### TRY IT
Find the line containing "null_body-Keeps d = simp" in the listing below. Repeat it exactly, along with each following line up to and including the one containing "(d : S) (h : Header) (rb : Body)".

________________________

-- ===== src/Rasp/Balance.antt =====
-- Which routines leave the document at the section where they found it.
use jklibs.Common.{
  ℕ, suc, ◌+◌, ◌≡◌, refl, ◌∙◌, Bool, List, Option, none, some, arith, ◌==◌, if◌then◌else◌,
  Bool-cases, inl, inr, take,
}
use jklibs.Common.Int.{ℤ}
use jklibs.Common.Outcome.{Outcome, done, err, fault, ◌>>=◌}
use jklibs.Common.Text.{codes}
use jklibs.Rasp.Names.{json_name, m_body, m_result_code}
use jklibs.Rasp.Header.{Header, header_ready_data}
use jklibs.Rasp.Document.{Sections, Counts, as_json}
use jklibs.Rasp.Body.{Body, Rasp, ConnectItemInfo, ConnectAuthority}
use jklibs.Rasp.Process.{
  process_common_result, process_deviceinfo, process_bindlists_result, in_result, out_result,
  bind_fields, device_fields,
}
use jklibs.Rasp.Commands.{Handle, device_info, common_result, bind_lists_result}
use jklibs.Rasp.Receive.{process_with}
use jklibs.Rasp.Generate.{
  generate_data_operation, generate_data_connectiteminfo, generate_data_connectauthority,
  generate_data_connectiteminfo_result, generate_data_null_body, generate_body, generate_data,
  success_data, authority_data, int_text, print_end, item_of, authority_of,
}

-- What holds of a value that is returned.
abbrev pub Returns {ℓ κ} : {A : Type ℓ} → (A → Type κ) → Outcome A → Type κ
Returns P (done a) = P a
Returns P (err n) = Unit
Returns P fault = Unit

Returns-bind {ℓ ℓ2 κ} :
    {A : Type ℓ} {B : Type ℓ2} (P : B → Type κ) (f : A → Outcome B) (r : Outcome A)
    → ((a : A) → Returns P (f a))
    → Returns P (r >>= f)
Returns-bind P f (done a) h = h a
Returns-bind P f (err n) h = tt
Returns-bind P f fault h = tt

module _ {ℓ} (md5_text : List ℕ → List ℕ) (time_string : ℤ → List ℕ) (same : List ℕ → List ℕ → Bool)
    (grants : ℕ → Bool) {S : Type ℓ} (j : Sections S) (depth : S → ℕ) (c : Counts j depth) where
  abbrev Keeps : S → S → Type 0
  Keeps d e = depth e ≡ depth d

  operation-Keeps :
      (d : S) (place : List ℕ) (h : Header)
      → Keeps d (generate_data_operation md5_text time_string same j d place h)
  unfolding generate_data_operation
  operation-Keeps d place h = simp (c.depth-push, c.depth-pop, c.depth-set_string) (omega arith)

  item-Keeps :
      (d : S) (cii : ConnectItemInfo)
      → Keeps d (generate_data_connectiteminfo md5_text time_string same j d cii)
  unfolding generate_data_connectiteminfo
  item-Keeps d cii = simp (c.depth-push, c.depth-pop, c.depth-set_string) (omega arith)

  authority-Keeps :
      (d : S) (ca : ConnectAuthority)
      → Returns (Keeps d) (generate_data_connectauthority md5_text time_string same j d ca)
  unfolding generate_data_connectauthority
  authority-Keeps d ca =
      texts (int_text md5_text time_string same j ca.type)
        (int_text md5_text time_string same j ca.status)
    where
      texts :
          (r s : Outcome (List ℕ))
          → Returns
              (Keeps d)
              (r >>= λ a. s >>= λ b. done (authority_data md5_text time_string same j d ca a b))
      texts (done a) (done b) = simp (c.depth-push, c.depth-pop, c.depth-set_string) (omega arith)
      texts (done a) (err n) = tt
      texts (done a) fault = tt
      texts (err n) s = tt
      texts fault s = tt

  success-Keeps :
      (d e : S) (r : Outcome ConnectItemInfo)
      → depth e ≡ depth d + 2
      → Returns (Keeps d) (
          (r >>= λ cii. done (success_data md5_text time_string same j e cii)) >>= λ d.
          done (j.pop (j.pop d)))
  success-Keeps d e (done cii) k =
      simp (c.depth-push, c.depth-pop, c.depth-set_string, k) (omega arith)
  success-Keeps d e (err n) k = tt
  success-Keeps d e fault k = tt

  result-Keeps :
      (d : S) (rb : Body)
      → Returns (Keeps d) (generate_data_connectiteminfo_result md5_text time_string same j d rb)
  unfolding generate_data_connectiteminfo_result
  result-Keeps d rb = elim (Bool-cases (same rb.result_code (codes "success"))) [
    | inl e ↦ rw e (
        success-Keeps d _ (item_of rb.content)
          (simp (c.depth-push, c.depth-set_string) (omega arith)))
    | inr e ↦ rw e (simp (c.depth-push, c.depth-pop, c.depth-set_string) (omega arith))
  ]

  null_body-Keeps : (d : S) → Keeps d (generate_data_null_body md5_text time_string same j d)
  unfolding generate_data_null_body
  null_body-Keeps d = simp (c.depth-push, c.depth-pop, c.depth-set_string) (omega arith)

  header-Keeps :
      (d : S) (h : Header) → Keeps d (header_ready_data md5_text time_string same (as_json j) d h)
  unfolding header_ready_data
  header-Keeps d h = simp (c.depth-push, c.depth-pop, c.depth-set_string) (omega arith)

  -- A step that keeps the section, after others that do.
  Returns-Keeps : (d e : S) (r : Outcome S) → Keeps d e → Returns (Keeps e) r → Returns (Keeps d) r
  Returns-Keeps d e (done a) k h = h ∙ k
  Returns-Keeps d e (err n) k h = tt
  Returns-Keeps d e fault k h = tt

  body-Keeps :
      (d : S) (h : Header) (rb : Body)
      → Returns (Keeps d) (generate_body md5_text time_string same j d h rb)
  unfolding generate_body
  body-Keeps d h rb =
      let params = operation-Keeps d (codes "MsgBody[0].PARAMS") h in
      let result = operation-Keeps d (codes "MsgBody.result.resultData") h in
      elim (Bool-cases (rb.number == 8)) [
        | inl e ↦ rw e (
            Returns-bind (Keeps d)
              (λ cii. done (generate_data_connectiteminfo md5_text time_string same j _ cii))
              (item_of rb.content) (λ cii. item-Keeps _ cii ∙ params))
        | inr e ↦ rw e (elim (Bool-cases (rb.number == 9)) [
          | inl e ↦ rw e (Returns-Keeps d _ _ result (result-Keeps _ rb))
          | inr e ↦ rw e (elim (Bool-cases (rb.number == 10)) [
            | inl e ↦ rw e (
                Returns-bind (Keeps d)
                  (generate_data_connectauthority md5_text time_string same j _)
                  (authority_of rb.content)
                  (λ ca. Returns-Keeps d _ _ params (authority-Keeps _ ca)))
            | inr e ↦ rw e (elim (Bool-cases (rb.number == 6)) [
              | inl e ↦ rw e (null_body-Keeps _ ∙ params)
              | inr e ↦ rw e refl
            ])
          ])
        ])
      ]

  print-Keeps :
      (d e : S) (rasp : Rasp S) (r : Option (List ℕ × ℤ))
      → Keeps d e
      → Returns (λ r. Keeps d (r.0.json)) (print_end md5_text time_string same j rasp e r)
  print-Keeps d e rasp none k = tt
  print-Keeps d e rasp (some r) k = k

  printed :
      (d : S) (rasp : Rasp S) (len : ℤ) (r : Outcome S)
      → Returns (Keeps d) r
      → Returns
          (λ r. Keeps d (r.0.json))
          (r >>= λ e. print_end md5_text time_string same j rasp e (j.print e len))
  printed d rasp len (done e) k = print-Keeps d e rasp (j.print e len) k
  printed d rasp len (err n) k = tt
  printed d rasp len fault k = tt

  -- kf_rasp_generate_data leaves its document at the section where it found it, whatever the body,
  -- for a library that counts the sections as `Counts` states.
  pub generate_data-depth :
      (rasp : Rasp S) (len : ℤ)
      → Returns
          (λ r. depth (r.0.json) ≡ depth rasp.json)
          (generate_data md5_text time_string same j rasp len)
  unfolding generate_data
  generate_data-depth rasp len =
      let start : Keeps rasp.json (
          header_ready_data md5_text time_string same (as_json j)
            (j.set_null rasp.json (json_name m_body)) rasp.header) =
        header-Keeps _ rasp.header ∙ c.depth-set_null rasp.json (json_name m_body) in
      printed rasp.json rasp len _
        (Returns-Keeps rasp.json _ _ start (body-Keeps _ rasp.header rasp.body))

  -- How many sections a routine leaves open, by the result code in its document.
  abbrev pub left_open : Handle → Option (List ℕ) → ℕ
  left_open bind_lists_result (some s) = if same (take 31 s) (codes "SUCCESS") then 1 else 0
  left_open _ _ = 0

  device-depth :
      (d : S) (rb : Body)
      → Returns (λ r. depth (r.0) ≡ depth d + 0) (process_deviceinfo j same grants d rb)
  unfolding process_deviceinfo
  device-depth d rb = rw (c.made (j.push d (codes ".MsgBody[0].PARAMS")) (codes ".deviceInfo")) (
      Returns-bind _ _ (device_fields j same grants _ rb)
        (λ rb. simp (c.depth-push, c.depth-pop) (omega arith)))

  opened-depth :
      (n : ℕ) (e : S) (r : Outcome (Body × ℤ))
      → depth e ≡ n
      → Returns (λ (r : S × Body × ℤ). depth (r.0) ≡ n) (r >>= λ r. done (e, r.0, r.1))
  opened-depth n e (done r) k = k
  opened-depth n e (err m) k = tt
  opened-depth n e fault k = tt

  bind_fields-depth :
      (d : S) (rb : Body) (o : Option (List ℕ))
      → Returns
          (λ (r : S × Body × ℤ). depth (r.0) ≡ depth d + left_open bind_lists_result o)
          (bind_fields j same grants d rb o)
  bind_fields-depth d rb none = omega arith
  bind_fields-depth d rb (some s) = elim (Bool-cases (same (take 31 s) (codes "SUCCESS"))) [
    | inl e ↦ rw e (opened-depth (depth d + 1) _ _ (simp c.depth-push (omega arith)))
    | inr e ↦ rw e (simp (c.depth-push, c.depth-pop) (omega arith))
  ]

  closed-depth :
      (m n : ℕ) (r : Outcome (S × Body × ℤ))
      → m ≡ suc (suc n)
      → Returns (λ (r : S × Body × ℤ). depth (r.0) ≡ m) r
      → Returns
          (λ (r : S × Body × ℤ). depth (r.0) ≡ n)
          (r >>= λ r. done (out_result j same grants (r.0), r.1, r.2))
  closed-depth m n (done r) e k = simp (c.depth-pop, k, e) (omega arith)
  closed-depth m n (err x) e k = tt
  closed-depth m n fault e k = tt

  bind_lists-depth :
      (d : S) (rb : Body)
      → let o = j.string (in_result j same grants d) (json_name m_result_code) in
        Returns
          (λ (r : S × Body × ℤ). depth (r.0) ≡ depth d + left_open bind_lists_result o)
          (process_bindlists_result j same grants d rb)
  unfolding process_bindlists_result
  bind_lists-depth d rb =
      let inner = in_result j same grants d in
      let o = j.string inner (json_name m_result_code) in
      let deep : depth inner ≡ suc (suc (depth d)) = simp c.depth-push refl in
      closed-depth (depth inner + left_open bind_lists_result o)
        (depth d + left_open bind_lists_result o) (bind_fields j same grants inner rb o)
        (omega (arith, deep)) (bind_fields-depth inner rb o)

  -- The routines for the device and for common results leave the document at the section where they
  -- found it; the one for bind lists leaves one section more open after a success, for a library
  -- that counts the sections as `Counts` states.
  pub process_with-depth :
      (h : Handle) (d : S) (rb : Body)
      → Returns
          (λ (r : S × Body × ℤ).
            depth (r.0)
            ≡ depth d
              + left_open h (j.string (in_result j same grants d) (json_name m_result_code)))
          (process_with md5_text time_string same grants j (some h) d rb)
  process_with-depth device_info d rb = device-depth d rb
  process_with-depth common_result d rb =
      unfold process_common_result in simp (c.depth-push, c.depth-pop) (omega arith)
  process_with-depth bind_lists_result d rb = bind_lists-depth d rb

________________________

### SOLUTION TO THIS TASK
  null_body-Keeps d = simp (c.depth-push, c.depth-pop, c.depth-set_string) (omega arith)

  header-Keeps :
      (d : S) (h : Header) → Keeps d (header_ready_data md5_text time_string same (as_json j) d h)
  unfolding header_ready_data
  header-Keeps d h = simp (c.depth-push, c.depth-pop, c.depth-set_string) (omega arith)

  -- A step that keeps the section, after others that do.
  Returns-Keeps : (d e : S) (r : Outcome S) → Keeps d e → Returns (Keeps e) r → Returns (Keeps d) r
  Returns-Keeps d e (done a) k h = h ∙ k
  Returns-Keeps d e (err n) k h = tt
  Returns-Keeps d e fault k h = tt

  body-Keeps :
      (d : S) (h : Header) (rb : Body)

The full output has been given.